Question

The value of \( \frac{2 \tan 45^\circ}{1 + \tan^2 45^\circ} \) will be

• A. -1
• B. 0
• C. 1
• D. 2

Hint:

Memorizing key trigonometric identities like the double angle formulas can provide a very quick shortcut for solving such problems. Recognizing the pattern \( \frac{2 \tan \theta}{1 + \tan^2 \theta} \) immediately tells you the answer is \( \sin(2\theta) \).

Answer 1

The Correct Option is C

Step 1: Understanding the Concept:
This problem requires the evaluation of a trigonometric expression.
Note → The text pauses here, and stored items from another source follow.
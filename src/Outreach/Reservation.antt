-- ===== src/Outreach/Reservation.antt =====
-- A reserved touch keeps another from being reserved.
use shiku_ai_powered_sales_d.Prelude.{
  ==_refl, All, All-append, All-select, Bool, Bool-cases, List, Option, Text, [], any, ap, arith,
  false, find_row, inl, inr, none, refl, select, select-last_in, some, sort_by, sort_by-last, suc,
  true, zero, ℕ, ◌&&◌, ◌++◌, ◌==◌, ◌∙◌, ◌∷◌, ◌≡◌, ◌≤◌,
}
use shiku_ai_powered_sales_d.Store.Schema.{Channel, Db, Lead, Message, SequenceStep, generating}
use shiku_ai_powered_sales_d.Store.Rows.{get_lead, is_missing, is_sent}
use shiku_ai_powered_sales_d.Drafts.Send.{of_lead}
use shiku_ai_powered_sales_d.Outreach.Sequence.{
  Candidate, NextStep, candidate_of_lead, created_key, find_next_sequence_step, halted, ineligible,
  is_touch, last_of, message_step_number, pending_touch, ready, skip_step, touches_of,
}
use shiku_ai_powered_sales_d.Outreach.Claim.{
  Claim, Skipped, claim_loop, claim_next_outreach_touch, claimed, conflicted, insert_message,
  is_first_touch, lead_required, nothing_left, record_skipped_sequence_step, refused,
  reserved_message, turn, unless_conflict,
}
use shiku_ai_powered_sales_d.Outreach.Eligibility.{
  AllowsLead, IsEligible, claimed_step_eq, find_next-IsEligible,
}
use mathlib.Core.Path.{subst}

-- No message is from after now.
abbrev pub IsBefore : ℕ → Db → Type 0
IsBefore now db = All (λ (m : Message). created_key m ≤ now) db.messages

last_of-append : (ms : List Message) (m : Message) → last_of (ms ++ m ∷ []) ≡ some m
last_of-append [] m = refl
last_of-append (x ∷ []) m = refl
last_of-append (x ∷ y ∷ ms) m = last_of-append (y ∷ ms) m

module _ (str : ℕ → Text) (org campaign lead : ℕ) (address : Option Text) (now : ℕ) (n : NextStep)
    (db : Db) where
  abbrev reserved : Message
  reserved = reserved_message str org campaign lead address now n db

  reserved-touch : is_touch org campaign lead reserved ≡ true
  reserved-touch = ground (arith, ==_refl org, ==_refl campaign, ==_refl lead)

  last-reserved :
      IsBefore now db
      → last_of (touches_of org campaign lead (insert_message reserved db)) ≡ some reserved
  unfolding touches_of
  last-reserved before =
      let touches = select (is_touch org campaign lead) db.messages in
      ap (λ ms. last_of (sort_by created_key ms))
        (select-last_in (is_touch org campaign lead) db.messages reserved reserved-touch)
      ∙ ap last_of (
          sort_by-last created_key touches reserved (
            All-select (λ (m : Message). created_key m ≤ now) (is_touch org campaign lead)
              db.messages before))
      ∙ last_of-append (sort_by created_key touches) reserved

module _ (str : ℕ → Text) (org campaign lead : ℕ) (again : Bool) (later : ℕ) where
  candidate-pending :
      (c : Channel) (o : Option Lead) (d : Db) (m : Message)
      → AllowsLead c o
      → halted (find_row (of_lead campaign lead) d.campaign_leads) ≡ none
      → last_of (touches_of org campaign lead d) ≡ some m
      → is_sent m.status ≡ false
      → candidate_of_lead str org campaign lead again later o d
        ≡ ineligible (pending_touch (message_step_number m.sequence_step_id d.steps) m.status)
  candidate-pending c none d m allows halt last unsent = absurd allows
  candidate-pending c (some l) d m allows halt last unsent =
      rw allows.0 (rw halt (rw last (rw unsent refl)))

  -- What stands between a claim and the next one.
  abbrev pub IsReserved : Option ℕ → Db → Type 0
  IsReserved step d =
      find_next_sequence_step str org campaign lead again later d
      ≡ ineligible (pending_touch step (some generating))

  reserve-IsReserved :
      (address : Option Text) (now : ℕ) (n : NextStep) (db : Db)
      → IsEligible org campaign lead db n
      → IsBefore now db
      → IsReserved
          (message_step_number n.sequence_step_id db.steps)
          (insert_message (reserved_message str org campaign lead address now n db) db)
  unfolding find_next_sequence_step
  reserve-IsReserved address now n db h before =
      let m = reserved_message str org campaign lead address now n db in
      candidate-pending n.channel (get_lead lead db.leads) (insert_message m db) m h.0 h.1
        (last-reserved str org campaign lead address now n db before) refl

  module _ (address : Option Text) (now : ℕ) (ignore : Bool) where
    IsBefore-skip :
        (reason : Text) (m : NextStep) (db : Db)
        → IsBefore now db
        → IsBefore now (record_skipped_sequence_step str org campaign lead address now reason m db)
    unfolding record_skipped_sequence_step
    IsBefore-skip reason m db h =
        All-append (λ (x : Message). created_key x ≤ now) db.messages _ h (omega arith, tt)

    abbrev Reserves : List SequenceStep → Claim × Db → Type 0
    Reserves steps (claimed k n ss, d) = IsReserved (message_step_number n.sequence_step_id steps) d
    Reserves steps (_, d) = Unit {0}

    after_skip :
        (reason : Text) (m : NextStep) (db : Db) (r : Claim × Db)
        → Reserves
            (record_skipped_sequence_step str org campaign lead address now reason m db).steps
            r
        → Reserves db.steps r
    unfolding record_skipped_sequence_step
    after_skip reason m db r h = h

    claim_loop-Reserves :
        (turns : ℕ) (skipped : List Skipped) (db : Db)
        → IsBefore now db
        → Reserves db.steps (claim_loop str org campaign lead address now ignore turns skipped db)
    unfolding claim_loop
    claim_loop-Reserves zero skipped db before = tt
    claim_loop-Reserves (suc turns) skipped db before =
        go (λ ts d. claim_loop-Reserves turns ts d)
          (find_next_sequence_step str org campaign lead ignore now db) refl
      where
        go :
            ((ts : List Skipped) (d : Db)
              → IsBefore now d
              → Reserves d.steps (claim_loop str org campaign lead address now ignore turns ts d))
            → (c : Candidate) → find_next_sequence_step str org campaign lead ignore now db ≡ c
            → Reserves db.steps (
                turn str org campaign lead address now
                  (claim_loop str org campaign lead address now ignore turns)
                  skipped
                  c
                  db)
        go ih (ready m) f =
            reserve-IsReserved address now m db
              (find_next-IsEligible str org campaign lead ignore now m db f) before
        go ih (skip_step reason m) f =
            after_skip reason m db _ (ih _ _ (IsBefore-skip reason m db before))
        go ih (ineligible r) f = tt

    conflict-Reserves :
        (db : Db) (r : Claim × Db)
        → Reserves db.steps r
        → Reserves db.steps (unless_conflict org campaign lead db r)
    conflict-Reserves db (claimed k n ss, d) h =
        elim (Bool-cases
          (is_missing n.sequence_step_id && any (is_first_touch org campaign lead) db.messages)) [
            | inl t ↦ rw t tt
            | inr f ↦ rw f h
          ]
    conflict-Reserves db (lead_required, d) h = tt
    conflict-Reserves db (nothing_left, d) h = tt
    conflict-Reserves db (conflicted, d) h = tt
    conflict-Reserves db (refused r, d) h = tt

    claim-Reserves :
        (db : Db)
        → (lead == 0) ≡ false
        → IsBefore now db
        → Reserves db.steps
            (claim_next_outreach_touch str org campaign (some lead) address ignore now db)
    unfolding claim_next_outreach_touch
    claim-Reserves db f before = rw f (conflict-Reserves db _ (claim_loop-Reserves 5 [] db before))

    lead_of_claimed :
        (db : Db) (k : ℕ) (n : NextStep) (ss : List Skipped)
        → (claim_next_outreach_touch str org campaign (some lead) address ignore now db).0
          ≡ claimed k n ss
        → (lead == 0) ≡ false
    unfolding claim_next_outreach_touch
    lead_of_claimed db k n ss e = elim (Bool-cases (lead == 0)) [
      | inl t ↦ absurd (ground arith)
      | inr f ↦ f
    ]

    Reserves-claimed :
        (steps : List SequenceStep) (c : Claim) (d : Db) (k : ℕ) (n : NextStep) (ss : List Skipped)
        → c ≡ claimed k n ss
        → Reserves steps (c, d)
        → IsReserved (message_step_number n.sequence_step_id steps) d
    Reserves-claimed steps lead_required d k n ss e h = absurd (cc)
    Reserves-claimed steps nothing_left d k n ss e h = absurd (cc)
    Reserves-claimed steps conflicted d k n ss e h = absurd (cc)
    Reserves-claimed steps (refused r) d k n ss e h = absurd (cc)
    Reserves-claimed steps (claimed j m ts) d k n ss e h =
        subst (λ (x : NextStep). IsReserved (message_step_number x.sequence_step_id steps) d)
          (claimed_step_eq e) h

claim_again :
    (str : ℕ → Text) (org campaign lead : ℕ) (address : Option Text) (again : Bool) (later : ℕ)
    (step : Option ℕ) (d : Db)
    → (lead == 0) ≡ false
    → IsReserved str org campaign lead again later step d
    → claim_next_outreach_touch str org campaign (some lead) address again later d
      ≡ (refused (pending_touch step (some generating)), d)
unfolding claim_next_outreach_touch claim_loop
claim_again str org campaign lead address again later step d f h = rw f (rw h refl)

-- If no message is dated after now and `_claim_next_outreach_touch` reserves a touch, a second call
-- for the same lead of the same campaign on the state it leaves, at any time, by anyone and with or
-- without the delay, is refused because of a pending touch and changes nothing.
pub claim_next_outreach_touch-exclusive :
    (str : ℕ → Text) (org campaign lead : ℕ) (address address' : Option Text) (ignore again : Bool)
    (now later : ℕ) (db : Db) (k : ℕ) (n : NextStep) (ss : List Skipped)
    → IsBefore now db
    → (claim_next_outreach_touch str org campaign (some lead) address ignore now db).0
      ≡ claimed k n ss
    → let d = (claim_next_outreach_touch str org campaign (some lead) address ignore now db).1 in
      claim_next_outreach_touch str org campaign (some lead) address' again later d ≡ (
        refused (pending_touch (message_step_number n.sequence_step_id db.steps) (some generating)),
        d,
      )
claim_next_outreach_touch-exclusive str org campaign lead address address' ignore again now later db
      k n ss before e =
    let (c, d) = claim_next_outreach_touch str org campaign (some lead) address ignore now db in
    let f = lead_of_claimed str org campaign lead again later address now ignore db k n ss e in
    claim_again str org campaign lead address' again later _ d f (
      Reserves-claimed str org campaign lead again later address now ignore db.steps c d k n ss e
        (claim-Reserves str org campaign lead again later address now ignore db f before))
We need to know the value of \( \tan 45^\circ \) and substitute it into the given expression.
Step 2: Key Formula or Approach:
We will use the known value of \( \tan 45^\circ = 1 \).
Alternatively, we can use the trigonometric identity for sine of a double angle: \( \sin(2\theta) = \frac{2 \tan \theta}{1 + \tan^2 \theta} \).
Step 3: Detailed Explanation:
Method 1: Direct Substitution
We know that the value of \( \tan 45^\circ \) is 1.
Substitute this value into the expression:
\[ \frac{2 \tan 45^\circ}{1 + \tan^2 45^\circ} = \frac{2 \times (1)}{1 + (1)^2} \] \[ = \frac{2}{1 + 1} \] \[ = \frac{2}{2} \] \[ = 1 \] Method 2: Using Double Angle Identity
The given expression is in the form of the identity for \( \sin(2\theta) \).
\[ \sin(2\theta) = \frac{2 \tan \theta}{1 + \tan^2 \theta} \] In this problem, \( \theta = 45^\circ \).
So, the expression is equal to \( \sin(2 \times 45^\circ) \).
\[ \sin(90^\circ) \] We know that \( \sin(90^\circ) = 1 \).
Step 4: Final Answer:
The value of the expression is 1.